What you have to do =>
Write the listing out again, exactly as it reads below.

The data =>
◆ ◆ ◆ ◆ ◆ ◆ ◆
-- ===== src/Match/Engine/Occurrences.antt =====
-- What an automaton reports of a text, and the flags that an occurrence gives: a literal is marked
-- for a shape exactly when it occurs so.
use goliath_siem.Base.{
  ℕ, ◌+◌, ◌≡◌, refl, sym, subst, ap, ◌∙◌, Bool, true, ◌&&◌, Bool-ext, and_left, and_right,
  and_intro, some, List, [], ◌∷◌, ◌++◌, any, any-In, In-any, append-nil, length-append, ◌==◌,
  ==_iff, Text, length, get_elem?, arith,
}
use goliath_siem.Crates.{Crates, Found}
use goliath_siem.Match.Laws.{Laws}
use goliath_siem.Match.Engine.{Shape, equals, contains, starts_with, ends_with}
use goliath_siem.Match.Engine.Hits.{flags_of, wanted}
use goliath_siem.Match.Engine.Shapes.{Occurs, occurs, occurs_iff}

nil-length : (t : Text) → length t ≡ 0 → t ≡ []
nil-length [] h = refl
nil-length (c ∷ t) h = absurd (omega (arith, h))

-- An occurrence as an automaton reports it.
abbrev pub place_of : ℕ → Text → Text → Found
place_of i l u = record { pattern = i; start = length u; end = length u + length l }

sizes : (l u v : Text) → length (u ++ (l ++ v)) ≡ length u + (length l + length v)
sizes l u v = length-append u (l ++ v) ∙ ap (λ n. length u + n) (length-append l v)

wanted→Occurs :
    (shape : Shape) (found : Found) (l u v : Text)
    → found.start ≡ length u
    → found.end ≡ length u + length l
    → wanted shape (flags_of found (length (u ++ (l ++ v)))) ≡ true
    → Occurs shape l (u ++ (l ++ v))
unfolding wanted flags_of
wanted→Occurs equals found l u v start end h =
    let first : u ≡ [] = nil-length u (ground arith) in
    let last : v ≡ [] = nil-length v (ground (arith, sizes l u v)) in
    rw (first, last, append-nil l) refl
wanted→Occurs contains found l u v start end h = (u, v, refl)
wanted→Occurs starts_with found l u v start end h =
    let first : u ≡ [] = nil-length u (ground arith) in rw first (v, refl)
wanted→Occurs ends_with found l u v start end h =
    let last : v ≡ [] = nil-length v (ground (arith, sizes l u v)) in
    rw (last, append-nil l) (u, refl)

module _ (c : Crates) (laws : Laws c) (literals : List Text) (a : c.Automaton)
    (built : c.automaton_build literals ≡ some a) (i : ℕ) (l : Text)
    (here : get_elem? literals i ≡ some l) where
  abbrev pub is_mark : Shape → ℕ → Found → Bool
  is_mark shape size found = (found.pattern == i) && wanted shape (flags_of found size)

  marked :
      (shape : Shape) (u v : Text)
      → wanted shape (flags_of (place_of i l u) (length (u ++ (l ++ v)))) ≡ true
      → any (is_mark shape (length (u ++ (l ++ v)))) (c.find_overlapping a (u ++ (l ++ v))) ≡ true
  marked shape u v h =
      In-any (is_mark shape (length (u ++ (l ++ v)))) _ (laws.reports literals a i l u v built here)
        (and_intro _ _ ((==_iff i i).1 refl) h)

  Occurs→marked :
      (shape : Shape) (t : Text)
      → Occurs shape l t
      → any (is_mark shape (length t)) (c.find_overlapping a t) ≡ true
  Occurs→marked equals t e =
      subst (λ s. any (is_mark equals (length s)) (c.find_overlapping a s) ≡ true)
        (append-nil l ∙ sym e)
        (marked equals [] [] (unfold wanted flags_of in ground (arith, sizes l [] [])))
  Occurs→marked contains t (u, v, e) =
      subst (λ s. any (is_mark contains (length s)) (c.find_overlapping a s) ≡ true) (sym e)
        (marked contains u v (unfold wanted flags_of in refl))
  Occurs→marked starts_with t (v, e) =
      subst (λ s. any (is_mark starts_with (length s)) (c.find_overlapping a s) ≡ true) (sym e)
        (marked starts_with [] v (unfold wanted flags_of in refl))
  Occurs→marked ends_with t (u, e) =
      subst (λ s. any (is_mark ends_with (length s)) (c.find_overlapping a s) ≡ true)
        (ap (λ s. u ++ s) (append-nil l) ∙ sym e)
        (marked ends_with u [] (unfold wanted flags_of in ground (arith, sizes l u [])))

  marked→Occurs :
      (shape : Shape) (t : Text)
      → any (is_mark shape (length t)) (c.find_overlapping a t) ≡ true
      → Occurs shape l t
  marked→Occurs shape t h =
      let (found, reported, e) = any-In (is_mark shape (length t)) _ h in
      let (l', u, v, at, whole, start, end) = laws.reported literals a t found built reported in
      let same : get_elem? literals i ≡ some l' =
        subst (λ k. get_elem? literals k ≡ some l') ((==_iff found.pattern i).0 (and_left _ _ e))
          at in
      let e' : l' ≡ l = cc in
      let whole' : t ≡ u ++ (l ++ v) = whole ∙ ap (λ s. u ++ (s ++ v)) e' in
      let wanted' : wanted shape (flags_of found (length t)) ≡ true =
        and_right (found.pattern == i) _ e in
      subst (λ s. Occurs shape l s) (sym whole')
        (wanted→Occurs shape found l u v start (end ∙ ap (λ s. length u + length s) e')
          (subst (λ s. wanted shape (flags_of found (length s)) ≡ true) whole' wanted'))

  -- A literal is marked for a shape exactly when it occurs in the text so.
  pub marked_lem :
      (shape : Shape) (t : Text)
      → any (is_mark shape (length t)) (c.find_overlapping a t) ≡ occurs shape l t
  marked_lem shape t =
      Bool-ext _ _ (λ h. (occurs_iff shape l t).1 (marked→Occurs shape t h))
        (λ h. Occurs→marked shape t ((occurs_iff shape l t).0 h))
◆ ◆ ◆ ◆ ◆ ◆ ◆
Written response =>
-- ===== src/Match/Engine/Occurrences.antt =====
-- What an automaton reports of a text, and the flags that an occurrence gives: a literal is marked
-- for a shape exactly when it occurs so.
use goliath_siem.Base.{
  ℕ, ◌+◌, ◌≡◌, refl, sym, subst, ap, ◌∙◌, Bool, true, ◌&&◌, Bool-ext, and_left, and_right,
  and_intro, some, List, [], ◌∷◌, ◌++◌, any, any-In, In-any, append-nil, length-append, ◌==◌,
  ==_iff, Text, length, get_elem?, arith,
}
use goliath_siem.Crates.{Crates, Found}
use goliath_siem.Match.Laws.{Laws}
use goliath_siem.Match.Engine.{Shape, equals, contains, starts_with, ends_with}
use goliath_siem.Match.Engine.Hits.{flags_of, wanted}
use goliath_siem.Match.Engine.Shapes.{Occurs, occurs, occurs_iff}

nil-length : (t : Text) → length t ≡ 0 → t ≡ []
nil-length [] h = refl
nil-length (c ∷ t) h = absurd (omega (arith, h))

-- An occurrence as an automaton reports it.
abbrev pub place_of : ℕ → Text → Text → Found
place_of i l u = record { pattern = i; start = length u; end = length u + length l }

sizes : (l u v : Text) → length (u ++ (l ++ v)) ≡ length u + (length l + length v)
sizes l u v = length-append u (l ++ v) ∙ ap (λ n. length u + n) (length-append l v)

wanted→Occurs :
    (shape : Shape) (found : Found) (l u v : Text)
    → found.start ≡ length u
    → found.end ≡ length u + length l
    → wanted shape (flags_of found (length (u ++ (l ++ v)))) ≡ true
    → Occurs shape l (u ++ (l ++ v))
unfolding wanted flags_of
wanted→Occurs equals found l u v start end h =
    let first : u ≡ [] = nil-length u (ground arith) in
    let last : v ≡ [] = nil-length v (ground (arith, sizes l u v)) in
    rw (first, last, append-nil l) refl
wanted→Occurs contains found l u v start end h = (u, v, refl)
wanted→Occurs starts_with found l u v start end h =
    let first : u ≡ [] = nil-length u (ground arith) in rw first (v, refl)
wanted→Occurs ends_with found l u v start end h =
    let last : v ≡ [] = nil-length v (ground (arith, sizes l u v)) in
    rw (last, append-nil l) (u, refl)

module _ (c : Crates) (laws : Laws c) (literals : List Text) (a : c.Automaton)
    (built : c.automaton_build literals ≡ some a) (i : ℕ) (l : Text)
    (here : get_elem? literals i ≡ some l) where
  abbrev pub is_mark : Shape → ℕ → Found → Bool
  is_mark shape size found = (found.pattern == i) && wanted shape (flags_of found size)

  marked :
      (shape : Shape) (u v : Text)
      → wanted shape (flags_of (place_of i l u) (length (u ++ (l ++ v)))) ≡ true
      → any (is_mark shape (length (u ++ (l ++ v)))) (c.find_overlapping a (u ++ (l ++ v))) ≡ true
  marked shape u v h =
      In-any (is_mark shape (length (u ++ (l ++ v)))) _ (laws.reports literals a i l u v built here)
        (and_intro _ _ ((==_iff i i).1 refl) h)

  Occurs→marked :
      (shape : Shape) (t : Text)
      → Occurs shape l t
      → any (is_mark shape (length t)) (c.find_overlapping a t) ≡ true
  Occurs→marked equals t e =
      subst (λ s. any (is_mark equals (length s)) (c.find_overlapping a s) ≡ true)
        (append-nil l ∙ sym e)
        (marked equals [] [] (unfold wanted flags_of in ground (arith, sizes l [] [])))
  Occurs→marked contains t (u, v, e) =
      subst (λ s. any (is_mark contains (length s)) (c.find_overlapping a s) ≡ true) (sym e)
        (marked contains u v (unfold wanted flags_of in refl))
  Occurs→marked starts_with t (v, e) =
      subst (λ s. any (is_mark starts_with (length s)) (c.find_overlapping a s) ≡ true) (sym e)
        (marked starts_with [] v (unfold wanted flags_of in refl))
  Occurs→marked ends_with t (u, e) =
      subst (λ s. any (is_mark ends_with (length s)) (c.find_overlapping a s) ≡ true)
        (ap (λ s. u ++ s) (append-nil l) ∙ sym e)
        (marked ends_with u [] (unfold wanted flags_of in ground (arith, sizes l u [])))

  marked→Occurs :
      (shape : Shape) (t : Text)
      → any (is_mark shape (length t)) (c.find_overlapping a t) ≡ true
      → Occurs shape l t
  marked→Occurs shape t h =
      let (found, reported, e) = any-In (is_mark shape (length t)) _ h in
      let (l', u, v, at, whole, start, end) = laws.reported literals a t found built reported in
      let same : get_elem? literals i ≡ some l' =
        subst (λ k. get_elem? literals k ≡ some l') ((==_iff found.pattern i).0 (and_left _ _ e))
          at in
      let e' : l' ≡ l = cc in
      let whole' : t ≡ u ++ (l ++ v) = whole ∙ ap (λ s. u ++ (s ++ v)) e' in
      let wanted' : wanted shape (flags_of found (length t)) ≡ true =
        and_right (found.pattern == i) _ e in
      subst (λ s. Occurs shape l s) (sym whole')
        (wanted→Occurs shape found l u v start (end ∙ ap (λ s. length u + length s) e')
          (subst (λ s. wanted shape (flags_of found (length s)) ≡ true) whole' wanted'))

  -- A literal is marked for a shape exactly when it occurs in the text so.
  pub marked_lem :
      (shape : Shape) (t : Text)
      → any (is_mark shape (length t)) (c.find_overlapping a t) ≡ occurs shape l t
  marked_lem shape t =
      Bool-ext _ _ (λ h. (occurs_iff shape l t).1 (marked→Occurs shape t h))
        (λ h. Occurs→marked shape t ((occurs_iff shape l t).0 h))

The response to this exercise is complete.